RIP Stephen Sondheim
Yes, this is a newsletter about books, but this week the world lost a great writer, lyricist, artist and genius in Stephen Sondheim. He gave us art, music, reflection and unyielding intelligence for more than sixty years of Broadway. He challenged us to be better, to work harder, to think more creatively, to strive. In a world where legend is thrown around too easily, he was one.
(and if we must be thematically strict, he also wrote a number of actual books about his work which are must-reads for the Sondheim fan or anyone curious about the artist’s journey.)
Are you still reading? Wow. Thanks!
That’s a lot of reading, I’m grateful! I’ll just remind you then that all of these books link to Bookshop.org, which supports indie bookstores. You can find my past recos here in case books about family are not your thing (you can also always browse the archive for all past newsletters about fiction, non-fiction, true crime, children’s books, you name it).
Oof, I've only read/listened to 3 of these NYT books. One of which was Klara and the Sun, and it really is VERY VERY GOOD
12! But just added a slew to my library wait list!
So you're saying I shouldn't tell you about how I loved and hated and was annoyed by but plowed through Klara and the Sun and that it haunted me for months after I read it?

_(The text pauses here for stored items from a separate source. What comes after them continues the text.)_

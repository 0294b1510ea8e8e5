-- ===== src/Proto/Inbound/Whole.antt =====
-- What `UdpResponsePacket::decode` of src/proto/udp/inbound.rs leaves of a datagram.
use ds_rs.Prelude.{
  ℕ, ◌≡◌, sym, ◌∙◌, inl, inr, List, [], length, Outcome-cases, ok, err, panicked, eof, arith,
}
use ds_rs.Crates.{BytesCrate, Bitflags, Float32}
use ds_rs.Ext.{Reader, ◌>>=◌, >>=-ok, >>=-err, >>=-panicked, pure, lift, read_u8, read_u16_be}
use ds_rs.Ext.Reads.{read_u16_be-end}
use ds_rs.Proto.Inbound.{UdpResponsePacket, skip_tags, unwrap, status_all, trace_all, decode}
use ds_rs.Proto.Inbound.Tags.{skip_tags-cases}

-- A reader that leaves nothing where it returns.
abbrev pub TakesAll {ℓ} : {A : Type ℓ} → Reader A → Type ℓ
TakesAll {A} m = (buf rest : List ℕ) (a : A) → m buf ≡ ok (a, rest) → rest ≡ []

module _ {ℓ κ} {A : Type ℓ} {B : Type κ} (m : Reader A) (f : A → Reader B) where
  after-TakesAll : ((a : A) → TakesAll (f a)) → TakesAll (m >>= f)
  after-TakesAll h buf rest c e = elim (Outcome-cases (m buf)) [
    | inl ((a, left), first) ↦ h a left rest c (sym (>>=-ok m f buf first) ∙ e)
    | inr (inl (failure, first)) ↦
        let e' : err failure ≡ ok (c, rest) = sym (>>=-err m f buf first) ∙ e in absurd (cc e')
    | inr (inr first) ↦
        let e' : panicked ≡ ok (c, rest) = sym (>>=-panicked m f buf first) ∙ e in absurd (cc e')
  ]

module _ (b : BytesCrate) (g : Bitflags) (f : Float32) where
  skip_tags-TakesAll :
      (p : UdpResponsePacket) → TakesAll (do _ ← (λ buf. skip_tags b (length buf) buf); pure p)
  skip_tags-TakesAll p buf rest q e = elim (skip_tags-cases b (length buf) buf (omega arith)) [
    | inl all ↦
        let e' : ok (p, []) ≡ ok (q, rest) = sym (>>=-ok loop (λ u. pure p) buf all) ∙ e in
        sym (cc e')
    | inr cut ↦
        let e' : err eof ≡ ok (q, rest) = sym (>>=-err loop (λ u. pure p) buf cut) ∙ e in
        absurd (cc e')
  ]
    where
      loop : Reader (Unit {0})
      loop buf' = skip_tags b (length buf') buf'

  pub decode-TakesAll : TakesAll (decode b g f)
  unfolding decode
  decode-TakesAll = after-TakesAll (read_u16_be b) _ (λ seqnum.
      after-TakesAll (read_u8 b) _ (λ version. after-TakesAll (read_u8 b) _ (λ status_byte.
        after-TakesAll (lift (unwrap (g.from_bits status_all status_byte))) _ (λ status.
          after-TakesAll (read_u8 b) _ (λ trace_byte.
            after-TakesAll (lift (unwrap (g.from_bits trace_all trace_byte))) _ (λ trace.
              after-TakesAll (read_u8 b) _ (λ high.
                after-TakesAll (read_u8 b) _
                  (λ low. after-TakesAll (read_u8 b) _ (λ date_byte. skip_tags-TakesAll _)))))))))

  pub decode-nil : decode b g f [] ≡ panicked
  unfolding decode
  decode-nil = read_u16_be-end b _ [] (omega arith)
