-- ===== src/Proto/Tags/Layout.antt =====
-- The bytes of each tag of src/proto/udp/outbound/types.rs, written down once more without buffers.
use ds_rs.Prelude.{
  ℕ, ◌+◌, ◌/◌, ◌%◌, ◌-◌, ◌*◌, ◌<◌, ◌≡◌, refl, sym, ◌∙◌, Bool, true, List, [], ◌∷◌, ◌++◌, append-nil,
  append_assoc, length, Outcome, ok, err, panicked, assert, ◌>>=◌, leb, ◌&&◌, if◌then◌else◌, arith,
  Bool-cases, inl, inr, leb→le,
}
use ds_rs.Crates.{BytesCrate, writer_laws, put_i8_lem, put_i16_lem}
use ds_rs.Util.{to_u8_vec}
use ds_rs.Proto.Tags.{
  Joysticks, UdpTag, countdown, joysticks, date_time, timezone, id, put_axes, put_povs,
  countdown_data, joysticks_data, date_time_data, timezone_data, tag_data, construct,
}

abbrev pub be16 : ℕ → List ℕ
be16 n = (n / 256 % 256) ∷ (n % 256) ∷ []

pub big_endian : (n : ℕ) → n < 65536 → n / 256 % 256 * 256 + n % 256 ≡ n
big_endian n h = omega arith

pub one_less : (n : ℕ) → 1 + n - 1 ≡ n
one_less n = omega arith

abbrev pub be32 : ℕ → List ℕ
be32 n = (n / 16777216 % 256) ∷ (n / 65536 % 256) ∷ (n / 256 % 256) ∷ (n % 256) ∷ []

abbrev pub be16_all : List ℕ → List ℕ
be16_all [] = []
be16_all (x ∷ xs) = be16 x ++ be16_all xs

-- The counts of a joystick must fit in a byte each.
abbrev pub counts_fit : Joysticks → Bool
counts_fit j = leb (length j.axes) 255 && (leb (length j.buttons) 255 && leb (length j.povs) 255)

abbrev pub joysticks_layout : Joysticks → List ℕ
joysticks_layout j =
    length j.axes
    ∷ (j.axes ++ length j.buttons ∷ (to_u8_vec j.buttons ++ length j.povs ∷ be16_all j.povs))

-- What each kind of tag carries behind its length and id.
abbrev pub layout : UdpTag → Outcome (List ℕ)
layout (countdown c) = ok (be32 c.seconds_remaining)
layout (joysticks j) = if counts_fit j then ok (joysticks_layout j) else panicked
layout (date_time d) =
    ok (be32 d.micros ++ d.second ∷ d.minute ∷ d.hour ∷ d.day ∷ d.month ∷ d.year ∷ [])
layout (timezone t) = ok t.tz

-- A frame: the length of what follows, the id, and the data. Longer data than 254 bytes panics.
abbrev pub framed : ℕ → List ℕ → Outcome (List ℕ)
framed i bytes =
    if leb (1 + length bytes) 255 then ok ((1 + length bytes) ∷ i ∷ bytes) else panicked

small_count : (n : ℕ) → leb n 255 ≡ true → n % 256 ≡ n
small_count n h = omega (arith, leb→le n 255 h)

module _ (b : BytesCrate) where
  put_axes_lem : (axes buf : List ℕ) → put_axes b buf axes ≡ buf ++ axes
  unfolding put_axes
  put_axes_lem [] buf = sym (append-nil buf)
  put_axes_lem (x ∷ axes) buf = put_axes_lem axes (b.put_i8 buf x) ∙ simp (put_i8_lem, append_assoc)

  put_povs_lem : (povs buf : List ℕ) → put_povs b buf povs ≡ buf ++ be16_all povs
  unfolding put_povs
  put_povs_lem [] buf = sym (append-nil buf)
  put_povs_lem (x ∷ povs) buf =
      put_povs_lem povs (b.put_i16 buf x) ∙ simp (put_i16_lem, append_assoc)

  pub joysticks_data_lem : (j : Joysticks) → joysticks_data b j ≡ layout (joysticks j)
  unfolding joysticks_data
  joysticks_data_lem j = elim (Bool-cases (leb (length j.axes) 255)) [
    | inr e ↦ rw e refl
    | inl e ↦ rw e (elim (Bool-cases (leb (length j.buttons) 255)) [
      | inr f ↦ rw f refl
      | inl f ↦ rw f (elim (Bool-cases (leb (length j.povs) 255)) [
        | inr g ↦ rw g refl
        | inl g ↦ rw g (
            simp (writer_laws, put_axes_lem, put_povs_lem, append_assoc)
              (rw (small_count _ e, small_count _ f, small_count _ g) refl))
      ])
    ])
  ]

  tag_data_lem : (t : UdpTag) → tag_data b t ≡ layout t
  unfolding tag_data countdown_data date_time_data timezone_data
  tag_data_lem (countdown c) = simp writer_laws
  tag_data_lem (joysticks j) = joysticks_data_lem j
  tag_data_lem (date_time d) = simp writer_laws
  tag_data_lem (timezone t) = refl

  -- Every tag is constructed as its frame: its length, its id, its layout; it panics exactly where a
  -- count of a joystick passes 255 or the length passes 255.
  pub construct_lem : (t : UdpTag) → construct b t ≡ (do bytes ← layout t; framed (id t) bytes)
  unfolding construct
  construct_lem t =
      rw (tag_data_lem t)
        (elim (layout t)
          as (λ m.
            (do
              bytes ← m
              _ ← assert (leb (1 + length bytes) 255)
              ok (
                  b.freeze (
                    b.put
                      (b.put_u8
                        (b.put_u8 (b.with_capacity (1 + (1 + length bytes)))
                          ((1 + length bytes) % 256))
                        (id t))
                      bytes)))
            ≡ (do bytes ← m; framed (id t) bytes)) [
              | err e ↦ refl
              | panicked ↦ refl
              | ok bytes ↦ elim (Bool-cases (leb (1 + length bytes) 255)) [
                | inr e ↦ rw e refl
                | inl e ↦ rw e (simp (writer_laws, append_assoc) (rw (small_count _ e) refl))
              ]
            ])
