-- ===== src/Proto/Outbound/Datagram.antt =====
-- What a receiver can read out of the bytes of `UdpControlPacket::encode`.
use ds_rs.Prelude.{
  ◌⊎◌, ℕ, zero, suc, ◌+◌, ◌-◌, ◌*◌, ◌&&◌, ◌/◌, ◌%◌, ◌≤◌, ◌<◌, ◌≡◌, refl, sym, ap, ◌∙◌, Bool, true,
  false, Option, none, some, List, [], ◌∷◌, ◌++◌, append-nil, append_assoc, length, length-append,
  take, drop, take-append, drop-append, Outcome, ok, err, panicked, ◌>>=◌, leb, arith, Bool-cases,
  inl, inr,
}
use ds_rs.Crates.{BytesCrate, writer_laws, extend_lem}
use ds_rs.Proto.Tags.{UdpTag, countdown, joysticks, date_time, timezone, id, construct}
use ds_rs.Proto.Tags.Layout.{
  layout, counts_fit, joysticks_layout, framed, big_endian, one_less, construct_lem,
}
use ds_rs.Proto.Outbound.{UdpControlPacket, request_bits, extend_tags, encode}

-- A receiver's view: the six bytes of the header, and each tag as its id and its data.
pub record Datagram : Type 0 where
  pub seqnum : ℕ
  pub version : ℕ
  pub control : ℕ
  pub request : ℕ
  pub station : ℕ
  pub tags : List (ℕ × List ℕ)

abbrev pub in_front : ℕ × List ℕ → Option (List (ℕ × List ℕ)) → Option (List (ℕ × List ℕ))
in_front tag none = none
in_front tag (some tags) = some (tag ∷ tags)

-- A receiver that goes by the length bytes: one tag a round.
abbrev pub split_tags : ℕ → List ℕ → Option (List (ℕ × List ℕ))
split_tags fuel [] = some []
split_tags zero (n ∷ rest) = none
split_tags (suc fuel) (n ∷ []) = none
split_tags (suc fuel) (n ∷ i ∷ rest) =
    in_front (i, take (n - 1) rest) (split_tags fuel (drop (n - 1) rest))

abbrev pub with_tags : Datagram → Option (List (ℕ × List ℕ)) → Option Datagram
with_tags d none = none
with_tags d (some tags) = some (record d { tags = tags })

abbrev pub receive_tags : Datagram → List ℕ → Option Datagram
receive_tags d rest = with_tags d (split_tags (length rest) rest)

abbrev pub receive : List ℕ → Option Datagram
receive (x ∷ y ∷ v ∷ c ∷ r ∷ s ∷ rest) =
    receive_tags
      (record {
        seqnum = x * 256 + y;
        version = v;
        control = c;
        request = r;
        station = s;
        tags = [];
      })
      rest
receive _ = none

-- The data of a tag, and whether it can be framed.
abbrev data_of : Outcome (List ℕ) → List ℕ
data_of (ok bytes) = bytes
data_of (err e) = []
data_of panicked = []

abbrev fits : Outcome (List ℕ) → Bool
fits (ok bytes) = leb (1 + length bytes) 255
fits (err e) = false
fits panicked = false

abbrev pub all_fit : List UdpTag → Bool
all_fit [] = true
all_fit (t ∷ tags) = fits (layout t) && all_fit tags

abbrev pub tag_view : UdpTag → ℕ × List ℕ
tag_view t = (id t, data_of (layout t))

abbrev pub tag_views : List UdpTag → List (ℕ × List ℕ)
tag_views [] = []
tag_views (t ∷ tags) = tag_view t ∷ tag_views tags

-- What the packet says, for a receiver.
abbrev pub datagram_of : UdpControlPacket → Datagram
datagram_of p = record {
  seqnum = p.seqnum;
  version = 0x01;
  control = p.control;
  request = request_bits p.request;
  station = p.alliance.station;
  tags = tag_views p.tags;
}

frame_of : ℕ × List ℕ → List ℕ
frame_of (i, bytes) = (1 + length bytes) ∷ i ∷ bytes

frames_of : List UdpTag → List ℕ
unfolding frame_of
frames_of [] = []
frames_of (t ∷ tags) = frame_of (tag_view t) ++ frames_of tags

framed-fits :
    (m : Outcome (List ℕ)) (i : ℕ)
    → fits m ≡ true
    → (do bytes ← m; framed i bytes) ≡ ok (frame_of (i, data_of m))
unfolding frame_of
framed-fits (ok bytes) i h = rw h refl
framed-fits (err e) i h = cc
framed-fits panicked i h = cc

framed-panics :
    (i : ℕ) (bytes : List ℕ) → leb (1 + length bytes) 255 ≡ false → framed i bytes ≡ panicked
framed-panics i bytes h = rw h refl

-- A layout is never an error.
layout-cases : (t : UdpTag) → ((bytes : List ℕ) × (layout t ≡ ok bytes)) ⊎ (layout t ≡ panicked)
layout-cases (countdown c) = inl (data_of (layout (countdown c)), refl)
layout-cases (joysticks j) = elim (Bool-cases (counts_fit j)) [
  | inl e ↦ inl (joysticks_layout j, rw e refl)
  | inr e ↦ inr (rw e refl)
]
layout-cases (date_time d) = inl (data_of (layout (date_time d)), refl)
layout-cases (timezone t) = inl (t.tz, refl)

layout-not_fits :
    (t : UdpTag) → fits (layout t) ≡ false → (do bytes ← layout t; framed (id t) bytes) ≡ panicked
layout-not_fits t h = elim (layout-cases t) [
  | inl (bytes, e) ↦ rw e (framed-panics (id t) bytes (rw e at h))
  | inr e ↦ rw e refl
]

split-frames_of :
    (tags : List UdpTag) (fuel : ℕ)
    → length (frames_of tags) ≤ fuel
    → split_tags fuel (frames_of tags) ≡ some (tag_views tags)
unfolding frames_of frame_of
split-frames_of [] fuel h = refl
split-frames_of (t ∷ tags) zero h = absurd (omega arith)
split-frames_of (t ∷ tags) (suc fuel) h =
    let bytes = data_of (layout t) in
    rw
      (
        one_less (length bytes),
        drop-append bytes (frames_of tags),
        take-append bytes (frames_of tags),
        split-frames_of tags fuel (omega (arith, length-append bytes (frames_of tags))),
      )
      refl

and_true : (x y : Bool) → (x && y) ≡ true → (x ≡ true) × (y ≡ true)
and_true x y h = ground arith

module _ (b : BytesCrate) where
  construct-fits :
      (t : UdpTag) → fits (layout t) ≡ true → construct b t ≡ ok (frame_of (tag_view t))
  construct-fits t h = construct_lem b t ∙ framed-fits (layout t) (id t) h

  extend_tags-fits :
      (tags : List UdpTag) (buf : List ℕ)
      → all_fit tags ≡ true
      → extend_tags b buf tags ≡ ok (buf ++ frames_of tags)
  unfolding extend_tags frames_of
  extend_tags-fits [] buf h = ap (λ (t : List ℕ). ok t) (sym (append-nil buf))
  extend_tags-fits (t ∷ tags) buf h =
      let (first, rest) = and_true (fits (layout t)) (all_fit tags) h in
      rw (construct-fits t first, extend_lem b buf (frame_of (tag_view t)))
        (extend_tags-fits tags (buf ++ frame_of (tag_view t)) rest
          ∙ rw (append_assoc buf (frame_of (tag_view t)) (frames_of tags)) refl)

  extend_tags-panics :
      (tags : List UdpTag) (buf : List ℕ) → all_fit tags ≡ false → extend_tags b buf tags ≡ panicked
  unfolding extend_tags
  extend_tags-panics [] buf h = cc
  extend_tags-panics (t ∷ tags) buf h = elim (Bool-cases (fits (layout t))) [
    | inl e ↦ rw (construct-fits t e) (extend_tags-panics tags _ (rw e at h))
    | inr e ↦ rw (construct_lem b t, layout-not_fits t e) refl
  ]

  -- If the sequence number is a 16-bit number and every tag fits in its frame, the packet is
  -- encoded, and a receiver that goes by the length bytes reads back the header and every tag with
  -- its id and data, in order.
  pub receive-encode :
      (p : UdpControlPacket)
      → p.seqnum < 65536
      → all_fit p.tags ≡ true
      → (bytes : List ℕ) × (encode b p ≡ ok bytes) × (receive bytes ≡ some (datagram_of p))
  unfolding encode
  receive-encode p h f = (
    header ++ frames_of p.tags,
    rw (extend_tags-fits p.tags _ f) (simp (writer_laws, append_assoc)),
    rw (split-frames_of p.tags (length (frames_of p.tags)) (omega arith), big_endian p.seqnum h)
        refl,
  )
    where
      header : List ℕ
      header =
          (p.seqnum / 256 % 256)
          ∷ (p.seqnum % 256)
          ∷ 1
          ∷ p.control
          ∷ request_bits p.request
          ∷ p.alliance.station
          ∷ []

  -- If some tag does not fit in its frame, encoding the packet panics.
  pub encode-panics : (p : UdpControlPacket) → all_fit p.tags ≡ false → encode b p ≡ panicked
  unfolding encode
  encode-panics p f = rw (extend_tags-panics p.tags _ f) refl
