-- ===== src/Proto/Inbound/Header.antt =====
-- The header of a response of src/proto/udp/inbound.rs, and how far it is decoded.
use ds_rs.Prelude.{
  Outcome-cases, ℕ, ◌+◌, ◌*◌, ◌≡◌, ◌≢◌, refl, ◌∙◌, List, [], ◌∷◌, ◌++◌, length, Outcome, ok, err,
  panicked, bit_and, ◌==◌, inl, inr,
}
use ds_rs.Crates.{BytesCrate, Bitflags, Float32, f32_256}
use ds_rs.Ext.{read_u8, Reader, lift, ◌>>=◌, >>=-ok, >>=-panicked, pure}
use ds_rs.Ext.Reads.{read_u8-next, read_u16_be-next}
use ds_rs.Proto.Inbound.{unwrap, UdpResponsePacket, status_all, trace_all, skip_tags, decode}

-- The header of a response, with the bytes of its battery voltage.
pub record Header : Type 0 where
  pub seq_high : ℕ
  pub seq_low : ℕ
  pub version : ℕ
  pub status : ℕ
  pub trace : ℕ
  pub high : ℕ
  pub low : ℕ
  pub date : ℕ

abbrev pub header_bytes : Header → List ℕ
header_bytes h =
    h.seq_high ∷ h.seq_low ∷ h.version ∷ h.status ∷ h.trace ∷ h.high ∷ h.low ∷ h.date ∷ []

-- The flags of the two flag bytes are all known.
abbrev pub IsKnown : Header → Type 0
IsKnown h = (bit_and h.status status_all ≡ h.status) × (bit_and h.trace trace_all ≡ h.trace)

abbrev pub packet_of : Float32 → Header → UdpResponsePacket
packet_of f h = record {
  seqnum = h.seq_high * 256 + h.seq_low;
  status = h.status;
  trace = h.trace;
  battery = f.add (f.from_u8 h.high) (f.div (f.from_u8 h.low) f32_256);
  need_date = h.date == 1;
}

-- What is left to decode after the tags.
abbrev pub finish :
    UdpResponsePacket → Outcome (Unit {0} × List ℕ) → Outcome (UdpResponsePacket × List ℕ)
finish p (ok (u, rest)) = ok (p, rest)
finish p (err e) = err e
finish p panicked = panicked

pub finish_lem :
    (m : Reader (Unit {0})) (p : UdpResponsePacket) (buf : List ℕ)
    → (m >>= λ _. pure p) buf ≡ finish p (m buf)
finish_lem m p buf = elim (Outcome-cases (m buf)) [
  | inl (a, e) ↦ rw (e, ◌>>=◌) refl
  | inr (inl (x, e)) ↦ rw (e, ◌>>=◌) refl
  | inr (inr e) ↦ rw (e, ◌>>=◌) refl
]

pub known_flags {κ} :
    {B : Type κ} (g : Bitflags) (all x : ℕ)
    → bit_and x all ≡ x
    → (k : ℕ → Reader B) (buf : List ℕ) → (lift (unwrap (g.from_bits all x)) >>= k) buf ≡ k x buf
known_flags g all x h k buf =
    >>=-ok (lift (unwrap (g.from_bits all x))) k buf (rw (g.from_bits_known all x h) refl)

pub unknown_flags {κ} :
    {B : Type κ} (g : Bitflags) (all x : ℕ)
    → bit_and x all ≢ x
    → (k : ℕ → Reader B) (buf : List ℕ) → (lift (unwrap (g.from_bits all x)) >>= k) buf ≡ panicked
unknown_flags g all x h k buf =
    >>=-panicked (lift (unwrap (g.from_bits all x))) k buf (rw (g.from_bits_unknown all x h) refl)

module _ (b : BytesCrate) (g : Bitflags) (f : Float32) where
  -- What is left to decode behind the flags.
  abbrev pub after_flags : ℕ → ℕ → ℕ → Reader UdpResponsePacket
  after_flags seqnum status trace = do
    high ← read_u8 b
    low ← read_u8 b
    date_byte ← read_u8 b
    _ ← (λ buf. skip_tags b (length buf) buf)
    pure (record {
      seqnum = seqnum;
      status = status;
      trace = trace;
      battery = f.add (f.from_u8 high) (f.div (f.from_u8 low) f32_256);
      need_date = date_byte == 1;
    })

  abbrev pub after_status : ℕ → ℕ → Reader UdpResponsePacket
  after_status seqnum status = do
    trace_byte ← read_u8 b
    trace ← lift (unwrap (g.from_bits trace_all trace_byte))
    after_flags seqnum status trace

  pub decode_status :
      (x y v status : ℕ) (rest : List ℕ)
      → bit_and status status_all ≡ status
      → decode b g f (x ∷ y ∷ v ∷ status ∷ rest) ≡ after_status (x * 256 + y) status rest
  unfolding decode
  decode_status x y v status rest known =
      read_u16_be-next b _ x y _
      ∙ read_u8-next b _ v _
      ∙ read_u8-next b _ status rest
      ∙ known_flags g status_all status known _ rest

  pub decode_flags :
      (x y v status trace : ℕ) (rest : List ℕ)
      → bit_and status status_all ≡ status
      → bit_and trace trace_all ≡ trace
      → decode b g f (x ∷ y ∷ v ∷ status ∷ trace ∷ rest)
        ≡ after_flags (x * 256 + y) status trace rest
  decode_flags x y v status trace rest known traced =
      decode_status x y v status (trace ∷ rest) known
      ∙ read_u8-next b _ trace rest
      ∙ known_flags g trace_all trace traced _ rest

  pub decode_header :
      (h : Header) (rest : List ℕ)
      → IsKnown h
      → decode b g f (header_bytes h ++ rest)
        ≡ finish (packet_of f h) (skip_tags b (length rest) rest)
  decode_header h rest known =
      decode_flags h.seq_high h.seq_low h.version h.status h.trace _ known.0 known.1
      ∙ read_u8-next b _ h.high _
      ∙ read_u8-next b _ h.low _
      ∙ read_u8-next b _ h.date rest
      ∙ finish_lem (λ buf. skip_tags b (length buf) buf) (packet_of f h) rest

K. Noted.
My iteration of that sentiment: My Year Abroad. It's on every list but I COULD. NOT. GET. THROUGH. IT. I regularly say awake too late because I can't put a book down. This book I couldn't stay awake for more than a few pages at any time of day or night. Points for insomnia curing, I guess.
I feel like The Plot is another one that's on all the lists. I liked it. It took some getting into and the twist was foreseeable from a little too early, but it was one of those that I ended up staying up way too late to finish.